守門護衛如上次高聲喊道,那巨大魁梧的朱厭則蹲在大樹下避著雨, 是不是哼哼兩聲,表示雨水淋在身上非常的不舒服。一丈半的鐵棍子丟在一邊,都壓斷了好幾顆小樹,只有那盤根錯節的樹根才勉強抵擋住它的重量。
“慕沭道寒夢玉!”
領頭一人說著,已經來到近前,摘下鬥笠,露出寒夢玉那俊俏的面容。
見寒夢玉亮出身份令牌,守門護衛單膝跪地道:“兵猿衛左衛下吏左宗允拜見寒少公子!”
其余守衛也跟著拜倒在地。
“開門。”
“喏。”
隨著大門打開,寒夢玉一邊走一邊擰著身上的雨水:“你家衛騎將軍何在?”
“回寒少公子,在頂層總壇。”
“帶我去。”
“喏。”
在黑漆一片的通道中,左宗允帶著寒夢玉左繞東轉,一圈圈的終於抵達了頂層總壇。
頂層大廳中,一名四旬上下的瘦弱的中年人正坐在椅子上喝著酒,看著窗外冬天的雨景。
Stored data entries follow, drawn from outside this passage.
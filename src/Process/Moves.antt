-- ===== src/Process/Moves.antt =====
-- The links that fork and exit set, and what they do to the ring.
use raw_os.Common.{
  ℕ, ◌≡◌, ◌≢◌, refl, sym, ap, ◌∙◌, List, [], ◌∷◌, ◌++◌, ◌==◌, if◌then◌else◌, arith, true, false,
  Bool-cases, inl, inr,
}
use raw_os.Process.{Process, store, set_next, set_previous, link_before, unlink}
use raw_os.Process.Ring.{
  Fresh, Fresh-snoc, Distinct-snoc, Chain-snoc, Chain-redirect, last_is_not, Ring,
}

eqb : (a b : ℕ) → (a == b) ≡ true → a ≡ b
eqb a b e = ground arith

neb : (a b : ℕ) → a ≢ b → (a == b) ≡ false
neb a b e = ground arith

-- A field of a stored process, where the field's value is `v`.
pub store-field :
    {A : Type 0} (field : Process → A) (heap : ℕ → Process) (i : ℕ) (p : Process) (x : ℕ)
    → field (store heap i p x) ≡ (if x == i then field p else field (heap x))
store-field field heap i p x = elim (Bool-cases (x == i)) [ inl e ↦ rw e refl | inr e ↦ rw e refl ]

pub store-same :
    {A : Type 0} (field : Process → A) (heap : ℕ → Process) (i : ℕ) (p : Process) (x : ℕ)
    → field p ≡ field (heap i)
    → field (store heap i p x) ≡ field (heap x)
store-same field heap i p x same = elim (Bool-cases (x == i)) [
  | inl e ↦ rw e (same ∙ ap (λ y. field (heap y)) (sym (eqb x i e)))
  | inr e ↦ rw e refl
]

module _ (heap : ℕ → Process) (a n : ℕ) where
  abbrev l : ℕ
  l = (heap a).previous

  abbrev h1 : ℕ → Process
  h1 = set_next heap l n

  abbrev h2 : ℕ → Process
  h2 = set_previous h1 n l

  abbrev h3 : ℕ → Process
  h3 = set_previous h2 a n

  link_before-next :
      (x : ℕ)
      → (link_before heap a n x).next ≡ (if x == n then a else if x == l then n else (heap x).next)
  unfolding link_before
  link_before-next x =
      store-field (λ p. p.next) h3 n (record (h3 n) { next = a }) x
      ∙ ap (λ t. if x == n then a else t)
          (store-same (λ p. p.next) h2 a (record (h2 a) { previous = n }) x refl
            ∙ (store-same (λ p. p.next) h1 n (record (h1 n) { previous = l }) x refl
                ∙ store-field (λ p. p.next) heap l (record (heap l) { next = n }) x))

  link_before-previous :
      (x : ℕ)
      → (link_before heap a n x).previous
        ≡ (if x == a then n else if x == n then l else (heap x).previous)
  unfolding link_before
  link_before-previous x =
      store-same (λ p. p.previous) h3 n (record (h3 n) { next = a }) x refl
      ∙ (store-field (λ p. p.previous) h2 a (record (h2 a) { previous = n }) x
          ∙ ap (λ t. if x == a then n else t)
              (store-field (λ p. p.previous) h1 n (record (h1 n) { previous = l }) x
                ∙ ap (λ t. if x == n then l else t)
                    (store-same (λ p. p.previous) heap l (record (heap l) { next = n }) x refl)))

module _ (heap : ℕ → Process) (a : ℕ) where
  abbrev u1 : ℕ → Process
  u1 = set_previous heap ((heap a).next) ((heap a).previous)

  u1-next : (x : ℕ) → (u1 x).next ≡ (heap x).next
  u1-next x =
      store-same (λ p. p.next) heap ((heap a).next)
        (record (heap ((heap a).next)) { previous = (heap a).previous }) x refl

  u1-previous : (heap a).next ≢ a → (u1 a).previous ≡ (heap a).previous
  u1-previous ne =
      store-field (λ p. p.previous) heap ((heap a).next)
        (record (heap ((heap a).next)) { previous = (heap a).previous }) a
      ∙ ground (arith, ne)

  unlink-next :
      (x : ℕ)
      → (heap a).next ≢ a
      → (unlink heap a x).next ≡ (if x == (heap a).previous then (heap a).next else (heap x).next)
  unfolding unlink
  unlink-next x ne =
      store-field (λ p. p.next) u1 ((u1 a).previous)
        (record (u1 ((u1 a).previous)) { next = (u1 a).next }) x
      ∙ rw (u1-previous ne, u1-next a, u1-next x)

  unlink-previous :
      (x : ℕ)
      → (unlink heap a x).previous
        ≡ (if x == (heap a).next then (heap a).previous else (heap x).previous)
  unfolding unlink
  unlink-previous x =
      store-same (λ p. p.previous) u1 ((u1 a).previous)
        (record (u1 ((u1 a).previous)) { next = (u1 a).next }) x refl
      ∙ store-field (λ p. p.previous) heap ((heap a).next)
          (record (heap ((heap a).next)) { previous = (heap a).previous }) x

-- Unlinking keeps the other fields.
pub unlink-field :
    {A : Type 0} (field : Process → A) (heap : ℕ → Process) (a x : ℕ)
    → ((p : Process) (t : ℕ) → field (record p { next = t }) ≡ field p)
    → ((p : Process) (t : ℕ) → field (record p { previous = t }) ≡ field p)
    → field (unlink heap a x) ≡ field (heap x)
unfolding unlink
unlink-field field heap a x nexts previouses =
    let h = u1 heap a in
    store-same field h ((h a).previous) (record (h ((h a).previous)) { next = (h a).next }) x
      (nexts (h ((h a).previous)) ((h a).next))
    ∙ store-same field heap ((heap a).next)
        (record (heap ((heap a).next)) { previous = (heap a).previous }) x
        (previouses (heap ((heap a).next)) ((heap a).previous))

-- A new process goes to the end of the ring.
pub link_before-Ring :
    (heap : ℕ → Process) (a n : ℕ) (ps : List ℕ)
    → Ring heap (a ∷ ps)
    → Fresh n (a ∷ ps)
    → n ≢ 0
    → Ring (link_before heap a n) (a ∷ (ps ++ (n ∷ [])))
link_before-Ring heap a n ps (c, (fa, d), (za, zs)) (na, fn) nz =
    let next = link_before-next heap a n in
    let previous = link_before-previous heap a n in
    (
      Chain-snoc (link_before heap a n) a ps n a
          (Chain-redirect heap (link_before heap a n) a ps a n n c (fa, d) fa fn (na, fn)
            (next _ ∙ ground (arith, last_is_not heap a ps a n c na fn)) (previous n ∙ ground arith)
            (λ x xl xn. next x ∙ ground (arith, xl, xn))
            λ x xn xa. previous x ∙ ground (arith, xn, xa))
          (next n ∙ ground arith, previous a ∙ ground arith),
      (Fresh-snoc a ps n fa (λ e. na (sym e)), Distinct-snoc ps n d fn),
      (za, Fresh-snoc 0 ps n zs (λ e. nz (sym e))),
    )

-- The other processes stay, in their order.
pub unlink-Ring :
    (heap : ℕ → Process) (a b : ℕ) (ps : List ℕ)
    → Ring heap (a ∷ b ∷ ps)
    → Ring (unlink heap a) (b ∷ ps)
unlink-Ring heap a b ps (((nb, pa), c), ((ab, fa), (fb, d)), (za, zs)) =
    let differ : (heap a).next ≢ a = λ e. ab (sym e ∙ nb) in
    let next : (x : ℕ)
        → (unlink heap a x).next ≡ (if x == (heap a).previous then b else (heap x).next) =
      λ x.
        unlink-next heap a x differ
        ∙ ap (λ t. if x == (heap a).previous then t else (heap x).next) nb in
    let previous : (x : ℕ)
        → (unlink heap a x).previous ≡ (if x == b then (heap a).previous else (heap x).previous) =
      λ x.
        unlink-previous heap a x
        ∙ ap (λ t. if x == t then (heap a).previous else (heap x).previous) nb in
    (
      Chain-redirect heap (unlink heap a) b ps a b a c (fb, d) fa fb (ab, fa)
          (next _ ∙ ground arith) (previous b ∙ ground arith)
          (λ x xl xa. next x ∙ ground (arith, xl)) (λ x xb xa. previous x ∙ ground (arith, xb)),
      (fb, d),
      zs,
    )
凜冽的寒風吹過他漲紅的面龐,黑如點墨的長須迎風凌亂一片。
“衛騎將軍好興致呀。”
免了護衛傳報,寒夢玉直接進了大廳。
“呦,夢玉來了,坐。”
那衛騎將軍哈哈一笑:“今兒個怎麽有空來我這兒了?你可是個大忙人,我也要有半年沒見你了。”
寒夢玉苦笑搖頭:“我哪能和衛騎將軍相提並論,能在這風景秀麗之地享清福呀。”
“行了行了。”
衛騎將軍通紅著臉,哈哈大笑:“你們都退下吧,我今兒個和夢玉多喝兩杯。”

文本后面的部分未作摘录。